However, if what you are selling is a subscription or a relationship – such as a subscription to a SaaS product or a new customer that will have recurring business with the merchant, you may go for a one-off bonus. Mobile phone and internet subscription companies will do this, as will companies buying new customer leads.
You can get fancy here. I’ve seen some merchants do things like pay a bounty for new customers, but this rarely works as an incentive as the publisher has no idea who your customers are. Some merchants will pay different % for different types of products, but that can sometimes confuse and piss off publishers. It’s best to keep it simple unless you really need to get complex.
The way affiliate marketing works is usually cookie-based. A publisher links to a merchant’s product using an affiliate link provided by the affiliate network. When a customer clicks on that link, they are routed through the affiliate network, where the network’s cookie is dropped, before being routed to the merchant’s product page. If the customer buys that product – now or within the cookie’s lifetime (see attribution below for details) – at the point of purchase, the merchant checks to see if there are any of it’s affiliate network’s cookies on the customers computer. If there are, then it attributes that sale to that cookie ID.
The affiliate network then calculates what commission is payable to what publisher, and pays the publisher at the end of the month. If the customer returns the product, the merchant updates the affiliate network and the commission is charged back.
Merchants can set all types of rules for how they will attribute a sale’s commission. The most common and simplest is called “Last Click”, which means the publisher that sent the most recent click to the purchase is the one that is awarded the commission, irrespective of any other publishers that drove traffic to the merchant earlier. The somewhat weak assumption here is that this last click publisher was so influential that they got the customer to make the final purchase decision, and should be thus rewarded. Of course, in reality, this isn’t how people shop. People often read about a product on one site, then do further research on other sites, then think about it for a while, then do some price comparison, and then possibly visit a coupon code site before making a purchase. Using Last Click attribution, only the coupon code site would get the sale’s commission, even though it was likely that first publisher that added the most value to the purchase process.

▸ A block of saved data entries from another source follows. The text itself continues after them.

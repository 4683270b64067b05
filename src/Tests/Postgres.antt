-- ===== src/Tests/Postgres.antt =====
-- The producer of Postgres, over a database of two rows.
use gateway_poc.Base.{ℕ, ◌+◌, ◌≡◌, ◌≢◌, refl, none, some, [], ◌∷◌}
use gateway_poc.Base.Bytes.{codes}
use gateway_poc.Base.Decimal.{to_string}
use gateway_poc.Base.Outcome.{ok}
use gateway_poc.Pqxx.{Pqxx, returned}
use gateway_poc.Back.Message.{Message}
use gateway_poc.Back.PostgresProducer.Marking.{Deleted, mark_consumed-Deleted}
use gateway_poc.Back.PostgresProducer.{
  State, messages_from_rows, id_list, delete_query, existing, get_connection, select, get_next,
  delete, mark_consumed,
}

-- The world counts the calls.
abbrev database : Pqxx
database = record {
  World = ℕ;
  connect = λ text w. (returned 3, w + 1);
  begin = λ c w. (returned tt, w + 1);
  exec_binary = λ c query bytes w. (returned tt, w + 1);
  exec_number = λ c query n w. (returned ((5, codes "a") ∷ (6, codes "b") ∷ []), w + 1);
  exec = λ c query w. (returned tt, w + 1);
  commit = λ c w. (returned tt, w + 1);
  finish = λ c w. w + 1;
}

abbrev first : Message
first = record { id = 5; payload = codes "a" }

abbrev second : Message
second = record { id = 6; payload = codes "b" }

abbrev start : State database
start = record { connection = none; world = 0 }

get_next-start :
    get_next database (codes "host=db") 10 start
    ≡ (ok (first ∷ second ∷ []), record { connection = some 3; world = 4 })
unfolding get_next get_connection existing select messages_from_rows
get_next-start = refl

delete_query-two :
    delete_query (first ∷ second ∷ []) ≡ ok (codes "DELETE FROM messages WHERE id IN (5,6)")
unfolding delete_query id_list to_string
delete_query-two = refl

mark_consumed-start :
    (mark_consumed database (codes "host=db") 10 (first ∷ second ∷ []) start).0 ≡ ok tt
unfolding mark_consumed get_connection existing delete delete_query
mark_consumed-start = refl

mark_consumed-Deleted_example :
    (first ∷ second ∷ [] ≢ [])
    × Deleted database
        (5 ∷ 6 ∷ [])
        (mark_consumed database (codes "host=db") 10 (first ∷ second ∷ []) start).1.world
mark_consumed-Deleted_example =
    mark_consumed-Deleted database (codes "host=db") 10 (first ∷ second ∷ []) start
      mark_consumed-start
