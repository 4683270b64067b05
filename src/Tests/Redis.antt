-- ===== src/Tests/Redis.antt =====
-- The producer of Redis, over a server whose stream has two entries.
use gateway_poc.Base.{
  ℕ, ◌+◌, ◌*◌, ◌^◌, ◌≡◌, refl, true, none, some, List, [], ◌∷◌, ◌++◌, map, All, ap, arith,
}
use gateway_poc.Base.Bytes.{codes}
use gateway_poc.Base.Outcome.{Outcome, ok, throw}
use gateway_poc.Common.Config.{RedisConfig}
use gateway_poc.Hiredis.{
  Hiredis, Reply, str, array, error, other, Command, auth, xadd, xrange, text, redis_ok,
}
use gateway_poc.Back.Message.{Message}
use gateway_poc.Back.Redis.{
  ReplyError, message_id, entry_of_id, messages_from_reply, make_xdel_command,
}
use gateway_poc.Back.Redis.Names.{entry_name, entry_of_id-message_id, message_id_alias}
use gateway_poc.Back.Redis.Stream.{
  StreamEntry, InRange, entries_reply, names, to_message, messages_from_reply-stream,
  make_xdel_command-stream,
}
use gateway_poc.Back.RedisProducer.{
  from_reply, authentication_failed, State, authenticate, connected, existing, get_connection,
  fetch, get_next, delete, mark_consumed, check_err, check_reply, read_reply,
}
use gateway_poc.Back.RedisProducer.Connection.{get_connection_unauthenticated}

abbrev first_entry : StreamEntry
first_entry = record {
  time = 1700000000000;
  sequence = 0;
  fields = (codes "data", codes "{}") ∷ [];
}

abbrev second_entry : StreamEntry
second_entry = record {
  time = 1700000000000;
  sequence = 1;
  fields = (codes "note", codes "n") ∷ (codes "data", codes "[]") ∷ [];
}

abbrev entries : List StreamEntry
entries = first_entry ∷ second_entry ∷ []

entries-InRange : All InRange entries
entries-InRange = ((omega arith, omega arith), ((omega arith, omega arith), tt))

messages_from_reply-stream_example :
    messages_from_reply (array (entries_reply entries)) ≡ ok (map to_message entries)
messages_from_reply-stream_example = messages_from_reply-stream entries entries-InRange

make_xdel_command-stream_example :
    make_xdel_command (map to_message entries) ≡ codes "XDEL messages" ++ names entries
make_xdel_command-stream_example = make_xdel_command-stream entries entries-InRange

entry_of_id-message_id_example :
    entry_of_id (message_id (entry_name 1700000000000 5)) ≡ entry_name 1700000000000 5
entry_of_id-message_id_example = entry_of_id-message_id 1700000000000 5 (omega arith) (omega arith)

message_id_alias_example :
    (message_id (entry_name (2 * 850000000000) (2 ^ 22 + 7))
      ≡ message_id (entry_name (2 * 850000000000 + 1) 7))
    × (entry_of_id (message_id (entry_name (2 * 850000000000) (2 ^ 22 + 7)))
        ≡ entry_name (2 * 850000000000 + 1) 7)
message_id_alias_example = message_id_alias 850000000000 7 (omega arith) (omega arith)

-- A server by what it answers.
abbrev pub server : (Command → Reply) → Hiredis
server answer = record {
  World = ℕ;
  connect = λ host port w. (some 7, w + 1);
  reconnect = λ c w. (true, w + 1);
  command = λ c cmd w. (some (answer cmd), w + 1);
  free = λ c w. w;
  err = λ w c. redis_ok;
  errstr = λ w c. [];
}

abbrev pub willing : Command → Reply
willing (auth user password) = other 5
willing (xadd stream field bytes) = str (codes "1-0")
willing (xrange stream count) = array (entries_reply entries)
willing (text command) = other 3

abbrev pub refusing : Command → Reply
refusing (auth user password) = error (codes "WRONGPASS")
refusing (xadd stream field bytes) = error (codes "NOAUTH")
refusing (xrange stream count) = error (codes "NOAUTH")
refusing (text command) = error (codes "NOAUTH")

abbrev pub redis : RedisConfig
redis = record { host = codes "127.0.0.1"; port = 6379; user = codes "u"; password = codes "p" }

abbrev unused : (lib : Hiredis) → lib.World → State lib
unused lib w = record { connection = none; world = w }

get_connection_unauthenticated_example :
    let t : State (server refusing) = record { connection = some 7; world = 2 } in
    (get_connection (server refusing) redis 10 (unused (server refusing) 0)
      ≡ (throw (authentication_failed (codes "WRONGPASS")), t))
    × (get_connection (server refusing) redis 10 t ≡ (ok 7, t))
get_connection_unauthenticated_example =
    get_connection_unauthenticated (server refusing) redis 10 (unused (server refusing) 0) 7
      (codes "WRONGPASS") 1 2 refl refl refl refl refl

-- The connection is there from the second call on.
abbrev used : (lib : Hiredis) → lib.World → State lib
used lib w = record { connection = some 7; world = w }

get_next-entries :
    (get_next (server willing) redis 10 (unused (server willing) 0)).0 ≡ ok (map to_message entries)
unfolding get_next get_connection existing connected authenticate fetch check_err check_reply
    read_reply
get_next-entries =
    ap (λ (r : Outcome ReplyError (List Message)). from_reply r)
      (messages_from_reply-stream entries entries-InRange)

mark_consumed-entries :
    (mark_consumed (server willing) redis 10 (map to_message entries) (used (server willing) 3)).0
    ≡ ok tt
unfolding mark_consumed get_connection existing delete check_err check_reply
mark_consumed-entries = refl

As a result of the flaws in Last Click attribution, a few other models have sprung up. Merchants can now give different percentage commissions for different types of publishers depending on the perceived value they serve (content publishers tend to be awarded more than coupon code sites). They can also share the commission between multiple publishers, although this is not as common and is quite difficult to do well due to its inherent complexity.

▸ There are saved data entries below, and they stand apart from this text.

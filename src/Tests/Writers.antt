-- ===== src/Tests/Writers.antt =====
-- The two writers, over a database whose first transactions break and over a server that takes
-- every command.
use gateway_poc.Base.{ℕ, ◌+◌, ◌≡◌, refl, some, [], ◌∷◌, ltb, if◌then◌else◌}
use gateway_poc.Base.Bytes.{codes}
use gateway_poc.Hiredis.{Hiredis}
use gateway_poc.Pqxx.{Pqxx, returned, broken}
use gateway_poc.Front.Connections.{find_own, add_own}
use gateway_poc.Front.Handler.{WriterError}
use gateway_poc.Front.PostgresWriter as PostgresWriter
use gateway_poc.Front.PostgresWriter.Attempts.{Ends, write-Ends, write-keeps}
use gateway_poc.Front.RedisWriter as RedisWriter
use gateway_poc.Front.RedisWriter.Accepted.{Took, write-Took, redis_write-keeps}
use gateway_poc.Tests.Redis.{server, willing, redis}

-- The world counts the transactions that were begun; the first two of them break.
abbrev pub database : Pqxx
database = record {
  World = ℕ;
  connect = λ text w. (returned 3, w);
  begin = λ c w. if ltb w 2 then (broken (codes "gone"), w + 1) else (returned tt, w + 1);
  exec_binary = λ c query bytes w. (returned tt, w);
  exec_number = λ c query n w. (returned [], w);
  exec = λ c query w. (returned tt, w);
  commit = λ c w. (returned tt, w);
  finish = λ c w. w;
}

abbrev pub unused : PostgresWriter.State database
unused = record { connections = []; world = 0 }

abbrev used : PostgresWriter.State database
used = record { connections = record { thread_id = 1; connection = 3 } ∷ []; world = 0 }

write-Ends_example :
    Ends database
      (codes "host=db")
      1
      (codes "x")
      PostgresWriter.reconnect_retries
      unused
      (PostgresWriter.write database (codes "host=db") 1 (codes "x") unused)
write-Ends_example = write-Ends database (codes "host=db") 1 (codes "x") unused

-- The third attempt succeeds.
pub write-unused :
    PostgresWriter.write database (codes "host=db") 1 (codes "x") unused
    ≡ (record { error = WriterError.ok; message = [] }, record used { world = 3 })
unfolding PostgresWriter.write PostgresWriter.write_loop PostgresWriter.outcome
    PostgresWriter.attempt PostgresWriter.find_connection PostgresWriter.found
    PostgresWriter.transaction find_own add_own
write-unused = refl

owned : find_own 1 used.connections ≡ some 3
unfolding find_own
owned = refl

write-keeps_example :
    let t = (PostgresWriter.write database (codes "host=db") 1 (codes "x") used).1 in
    (t.connections ≡ used.connections)
    × (PostgresWriter.find_connection database (codes "host=db") 1 t ≡ (returned 3, t))
write-keeps_example = write-keeps database (codes "host=db") 1 (codes "x") used 3 owned

abbrev pub cache : Hiredis
cache = server willing

abbrev pub idle : RedisWriter.State cache
idle = record { connections = record { thread_id = 1; connection = 7 } ∷ []; world = 0 }

idle-owned : find_own 1 idle.connections ≡ some 7
unfolding find_own
idle-owned = refl

pub write-idle : (RedisWriter.write cache redis 1 (codes "x") idle).0.error ≡ WriterError.ok
unfolding RedisWriter.write RedisWriter.write_to RedisWriter.find_connection RedisWriter.sent
    RedisWriter.send RedisWriter.finish RedisWriter.by_err RedisWriter.by_reply find_own
write-idle = refl

write-Took_example :
    Took cache redis 1 (codes "x") (RedisWriter.write cache redis 1 (codes "x") idle).1
write-Took_example = write-Took cache redis 1 (codes "x") idle write-idle

redis_write-keeps_example :
    let t = (RedisWriter.write cache redis 1 (codes "x") idle).1 in
    (t.connections ≡ idle.connections)
    × (RedisWriter.write cache redis 1 (codes "y") t
        ≡ RedisWriter.sent cache redis 1
            (codes "y")
            7
            t
            (RedisWriter.send cache redis 1 (codes "y") 7 t.world))
redis_write-keeps_example =
    redis_write-keeps cache redis 1 (codes "x") (codes "y") idle 7 idle-owned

Then there is the contentious area of multi-channel attribution. This makes perfect sense for merchants. There are likely many marketing channels you are using to attract customers, affiliate marketing being only one of them, so it makes sense to work out the role and impact of affiliate versus social media marketing versus search engine marketing versus direct site visits due to brand marketing. Where it gets contentious to affiliates is that some merchants will not pay an affiliate their commission – even if they were the Last Click publisher – if there was another marketing channel touch point. The merchant will give Last Click attribution to, say, Google Search, and pay the publisher nothing.
Honestly, I don’t suggest you do this. Pissing of publishers with this type of shenanigans is a very short-term strategy. The merchants that have really benefited long term from affiliate are those that are generous with content publishers. Why? Because publishers are essentially creating free high-quality content about your brand, on the chance that it drives a sale at your site. It is significantly cheaper than sponsored content and much more authentic; you only pay once there is a sale, unlike all other forms of pay-per-click advertising. And you not only get a sale, you get persistent authentic content created about your brand, that will eventually do well in Google search results, giving you an evergreen source of high quality traffic for perfectly predictable cost-of-acquisition.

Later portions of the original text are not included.